>In my understanding these fields do not include any "personal information"
as per the WMF privacy policy. Please correct me if I'm wrong here.
This is correct for data requested here:
https://phabricator.wikimedia.org/T128132

On Wed, Mar 23, 2016 at 1:23 AM, Daniel Berger <[email protected]> wrote:

> Hi everyone,
>
> as the one, who requested data for performance research/testing, I'm happy
> to participate in the discussion.
>
> The second request, by Michal, might not be about performance. I believe
> Michal hasn't provided any details, as yet. I thought I could help Michal
> by pointing out similarities to my request, but I now see that the two
> requests might be quite different.
>
> It is my goal to compile a dataset, which does not include any private
> data. My request essentially asks for a higher-resolution version of the
> publicly available pagecounts data. And an update to a dataset, which has
> been made public in 2007 [1].
>
> Specifically, the data set would hold the same fields as the pagecounts
> data, at a higher sampling rate: 1:10 instead of hourly.

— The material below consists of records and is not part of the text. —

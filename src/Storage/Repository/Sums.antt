-- ===== src/Storage/Repository/Sums.antt =====
-- The bytes that an uploader uses (GetUsedBytesByUploader in internal/storage/repository.go) under
-- the changes of the table.
use prappser_spaces.Base.{
  String, ◌≡◌, refl, Bool, List, [], ◌∷◌, ◌==◌, map, filter, All, inl, inr, arith, Bool-cases,
  if◌then◌else◌, sym,
}
use mathlib.Core.Path.{subst}
use prappser_spaces.Base.Members.{filter-cons_true, filter-cons_false}
use prappser_spaces.Base.Int.{ℤ, pos, ◌+ℤ◌, ◌≤ℤ◌}
use prappser_spaces.Storage.{Storage}
use prappser_spaces.Storage.Repository.{Row, has_id, update_row, mark, sum_sizes}

abbrev pub IsCounted : Row → Type 0
IsCounted r = pos 0 ≤ℤ r.file.size_bytes

pub add_mono : (a b c : ℤ) → b ≤ℤ c → a +ℤ b ≤ℤ a +ℤ c
add_mono a b c h = ground arith

pub skip_le : (a b c : ℤ) → pos 0 ≤ℤ a → b ≤ℤ c → b ≤ℤ a +ℤ c
skip_le a b c k h = ground arith

pub le_refl : (a : ℤ) → a ≤ℤ a
le_refl a = omega arith

pub le_trans : (a b c : ℤ) → a ≤ℤ b → b ≤ℤ c → a ≤ℤ c
le_trans a b c h k = omega arith

skip_row :
    (key : String) (r : Row) (b c : ℤ)
    → IsCounted r
    → b ≤ℤ c
    → b ≤ℤ (if r.file.uploader_public_key == key then r.file.size_bytes +ℤ c else c)
skip_row key r b c k h = elim (Bool-cases (r.file.uploader_public_key == key)) [
  | inl t ↦ rw t (skip_le r.file.size_bytes b c k h)
  | inr f ↦ rw f h
]

pub sum_sizes_counted :
    (key : String) (rows : List Row) → All IsCounted rows → pos 0 ≤ℤ sum_sizes key rows
sum_sizes_counted key [] h = omega arith
sum_sizes_counted key (r ∷ rs) h =
    skip_row key r (pos 0) (sum_sizes key rs) h.0 (sum_sizes_counted key rs h.1)

keep_row :
    (key : String) (r : Row) (b c : ℤ)
    → b ≤ℤ c
    → (if r.file.uploader_public_key == key then r.file.size_bytes +ℤ b else b)
      ≤ℤ (if r.file.uploader_public_key == key then r.file.size_bytes +ℤ c else c)
keep_row key r b c h = elim (Bool-cases (r.file.uploader_public_key == key)) [
  | inl t ↦ rw t (add_mono r.file.size_bytes b c h)
  | inr f ↦ rw f h
]

-- Rows that are taken out make no sum larger.
pub sum_sizes-filter :
    (key : String) (p : Row → Bool) (rows : List Row)
    → All IsCounted rows
    → sum_sizes key (filter p rows) ≤ℤ sum_sizes key rows
sum_sizes-filter key p [] h = omega arith
sum_sizes-filter key p (r ∷ rs) h = elim (Bool-cases (p r)) [
  | inl t ↦
      subst (λ l. sum_sizes key l ≤ℤ sum_sizes key (r ∷ rs)) (sym (filter-cons_true p r rs t))
        (keep_row key r (sum_sizes key (filter p rs)) (sum_sizes key rs)
          (sum_sizes-filter key p rs h.1))
  | inr f ↦
      subst (λ l. sum_sizes key l ≤ℤ sum_sizes key (r ∷ rs)) (sym (filter-cons_false p r rs f))
        (skip_row key r (sum_sizes key (filter p rs)) (sum_sizes key rs) h.0
          (sum_sizes-filter key p rs h.1))
]

-- A change of rows that keeps the uploader and the size of each.
abbrev pub SameSize : (Row → Row) → Type 0
SameSize f =
    (r : Row)
    → ((f r).file.uploader_public_key ≡ r.file.uploader_public_key)
      × ((f r).file.size_bytes ≡ r.file.size_bytes)

pub sum_sizes-map :
    (key : String) (f : Row → Row) (rows : List Row)
    → SameSize f
    → sum_sizes key (map f rows) ≡ sum_sizes key rows
sum_sizes-map key f [] h = refl
sum_sizes-map key f (r ∷ rs) h = rw ((h r).0, (h r).1, sum_sizes-map key f rs h) refl

pub All-map-IsCounted :
    (f : Row → Row) (rows : List Row) → SameSize f → All IsCounted rows → All IsCounted (map f rows)
All-map-IsCounted f [] h a = tt
All-map-IsCounted f (r ∷ rs) h a =
    (subst (λ n. pos 0 ≤ℤ n) (sym (h r).1) a.0, All-map-IsCounted f rs h a.1)

pub update_row-SameSize :
    (g : Storage → Storage) (id : String)
    → ((s : Storage)
        → ((g s).uploader_public_key ≡ s.uploader_public_key) × ((g s).size_bytes ≡ s.size_bytes))
    → SameSize (update_row g id)
update_row-SameSize g id h r = elim (Bool-cases (has_id id r)) [
  | inl t ↦ rw t (h r.file)
  | inr f ↦ rw f (refl, refl)
]

pub mark-SameSize : (referenced : String → Bool) (now : ℤ) → SameSize (mark referenced now)
mark-SameSize referenced now r = (ground arith, ground arith)
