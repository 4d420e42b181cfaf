-- ===== src/Storage/Repository/Within.antt =====
-- A quota on the bytes of an uploader (checkQuota in internal/storage/service.go), under each
-- statement of the repository (internal/storage/repository.go).
use mathlib.Core.Path.{subst}
use prappser_spaces.Base.{
  ℕ, String, ◌≡◌, refl, sym, Bool, not, none, some, ◌∷◌, ◌==◌, map, filter, any, All, inl, inr,
  arith, eq_iff, Bool-cases,
}
use prappser_spaces.Base.Members.{All-filter}
use prappser_spaces.Base.Int.{ℤ, pos, ◌+ℤ◌, ◌≤ℤ◌}
use prappser_spaces.Result.{ok}
use prappser_spaces.Storage.{Storage, Status}
use prappser_spaces.Storage.Repository.{
  Row, Table, has_id, in_application_row, is_stale, mark, sum_sizes, update_row, update,
  update_status, update_dimensions, update_thumbnail, create_storage, delete_storage,
  delete_by_application_id, delete_stale_pending, mark_referenced, delete_unreferenced,
}
use prappser_spaces.Storage.Repository.Sums.{
  IsCounted, SameSize, sum_sizes-filter, sum_sizes-map, All-map-IsCounted, update_row-SameSize,
  mark-SameSize, le_trans,
}

-- The sizes count, and those of `key` sum up to no more than the quota.
pub record IsWithin (key : String) (quota : ℤ) (t : Table) : Type 0 where
  pub counted : All IsCounted t.rows
  pub within : sum_sizes key t.rows ≤ℤ quota

-- Room for one more file of `uploader`, if that is `key`.
pub record HasRoom (key : String) (quota : ℤ) (uploader : String) (size : ℤ) (t : Table)
    : Type 0 where
  pub now : IsWithin key quota t
  pub room : uploader ≡ key → size +ℤ sum_sizes key t.rows ≤ℤ quota

module _ (key : String) (quota : ℤ) where
  pub IsWithin-rows :
      (t t' : Table) → t'.rows ≡ t.rows → IsWithin key quota t → IsWithin key quota t'
  IsWithin-rows t t' e w = record {
    counted = subst (λ l. All IsCounted l) (sym e) w.counted;
    within = subst (λ l. sum_sizes key l ≤ℤ quota) (sym e) w.within;
  }

  IsWithin-filter :
      (p : Row → Bool) (t t' : Table)
      → t'.rows ≡ filter p t.rows
      → IsWithin key quota t
      → IsWithin key quota t'
  IsWithin-filter p t t' e w = record {
    counted = subst (λ l. All IsCounted l) (sym e) (All-filter IsCounted p t.rows w.counted);
    within =
        subst (λ l. sum_sizes key l ≤ℤ quota) (sym e)
          (le_trans (sum_sizes key (filter p t.rows)) (sum_sizes key t.rows) quota
            (sum_sizes-filter key p t.rows w.counted) w.within);
  }

  IsWithin-map :
      (f : Row → Row) (t t' : Table)
      → t'.rows ≡ map f t.rows
      → SameSize f
      → IsWithin key quota t
      → IsWithin key quota t'
  IsWithin-map f t t' e h w = record {
    counted = subst (λ l. All IsCounted l) (sym e) (All-map-IsCounted f t.rows h w.counted);
    within =
        subst (λ l. sum_sizes key l ≤ℤ quota) (sym e)
          (subst (λ n. n ≤ℤ quota) (sym (sum_sizes-map key f t.rows h)) w.within);
  }

  update-IsWithin :
      (g : Storage → Storage) (id : String) (t t' : Table)
      → ((s : Storage)
          → ((g s).uploader_public_key ≡ s.uploader_public_key) × ((g s).size_bytes ≡ s.size_bytes))
      → IsWithin key quota t
      → update g id t ≡ ok t'
      → IsWithin key quota t'
  unfolding update
  update-IsWithin g id t t' h w e = elim (Bool-cases (any (has_id id) t.rows)) [
    | inl x ↦ IsWithin-map (update_row g id) t t' (ground arith) (update_row-SameSize g id h) w
    | inr x ↦ absurd (ground arith)
  ]

  pub update_status-IsWithin :
      (id : String) (status : Status) (t t' : Table)
      → IsWithin key quota t
      → update_status id status t ≡ ok t'
      → IsWithin key quota t'
  unfolding update_status
  update_status-IsWithin id status t t' w e =
      update-IsWithin (λ s. record s { status = status }) id t t' (λ s. (refl, refl)) w e

  pub update_thumbnail-IsWithin :
      (id path : String) (t t' : Table)
      → IsWithin key quota t
      → update_thumbnail id path t ≡ ok t'
      → IsWithin key quota t'
  unfolding update_thumbnail
  update_thumbnail-IsWithin id path t t' w e =
      update-IsWithin (λ s. record s { thumbnail_path = path }) id t t' (λ s. (refl, refl)) w e

  pub update_dimensions-IsWithin :
      (id : String) (x y : ℤ) (t t' : Table)
      → IsWithin key quota t
      → update_dimensions id x y t ≡ ok t'
      → IsWithin key quota t'
  unfolding update_dimensions
  update_dimensions-IsWithin id x y t t' w e =
      update-IsWithin (λ s. record s { width = some x; height = some y }) id t t'
        (λ s. (refl, refl)) w e

  pub delete_storage-IsWithin :
      (id : String) (t t' : Table)
      → IsWithin key quota t
      → delete_storage id t ≡ ok t'
      → IsWithin key quota t'
  unfolding delete_storage
  delete_storage-IsWithin id t t' w e = elim (Bool-cases (any (has_id id) t.rows)) [
    | inl x ↦ IsWithin-filter (λ r. not (has_id id r)) t t' (ground arith) w
    | inr x ↦ absurd (ground arith)
  ]

  pub create_storage-IsWithin :
      (s : Storage) (t t' : Table)
      → pos 0 ≤ℤ s.size_bytes
      → HasRoom key quota s.uploader_public_key s.size_bytes t
      → create_storage s t ≡ ok t'
      → IsWithin key quota t'
  unfolding create_storage
  create_storage-IsWithin s t t' n h e = elim (Bool-cases (any (has_id s.id) t.rows)) [
    | inl x ↦ absurd (ground arith)
    | inr x ↦
        let r : t'.rows ≡ record { file = s; last_referenced_at = none } ∷ t.rows = ground arith in
        record {
          counted = subst (λ l. All IsCounted l) (sym r) (n, h.now.counted);
          within =
              subst (λ l. sum_sizes key l ≤ℤ quota) (sym r)
                (elim (Bool-cases (s.uploader_public_key == key)) [
                  | inl u ↦ rw u (h.room ((eq_iff s.uploader_public_key key).0 u))
                  | inr u ↦ rw u h.now.within
                ]);
        }
  ]

  -- The statements that cannot fail.
  pub total-IsWithin :
      (t : Table)
      → IsWithin key quota t
      → ((app_id : String) → IsWithin key quota (delete_by_application_id app_id t))
        × ((cutoff : ℤ) → IsWithin key quota (delete_stale_pending cutoff t).1)
        × ((referenced : String → Bool) (now : ℤ)
            → IsWithin key quota (mark_referenced referenced now t))
        × ((referenced : String → Bool) (cutoff : ℤ) (limit : ℕ)
            → IsWithin key quota (delete_unreferenced referenced cutoff limit t).1)
  unfolding delete_by_application_id delete_stale_pending mark_referenced delete_unreferenced
  total-IsWithin t w = (
    λ app_id.
        IsWithin-filter (λ r. not (in_application_row app_id r)) t
          (delete_by_application_id app_id t) refl w,
    λ cutoff.
        IsWithin-filter (λ r. not (is_stale cutoff r)) t (delete_stale_pending cutoff t).1 refl w,
    λ referenced now.
        IsWithin-map (mark referenced now) t (mark_referenced referenced now t) refl
          (mark-SameSize referenced now) w,
    λ referenced cutoff limit.
        IsWithin-filter _ t (delete_unreferenced referenced cutoff limit t).1 refl w,
  )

> In addition to the pagecounts fields, the public 2007 dataset has one
> additional field "save_flag", which indicates whether the request changed a
> web page. In order to compile this save_flag, three other webrequest fields
> need to be accessed, as pointed out in Tim Starling's email [2]. Tim was
> the one, who helped compiling the 2007 dataset.
>
> In my understanding these fields do not include any "personal information"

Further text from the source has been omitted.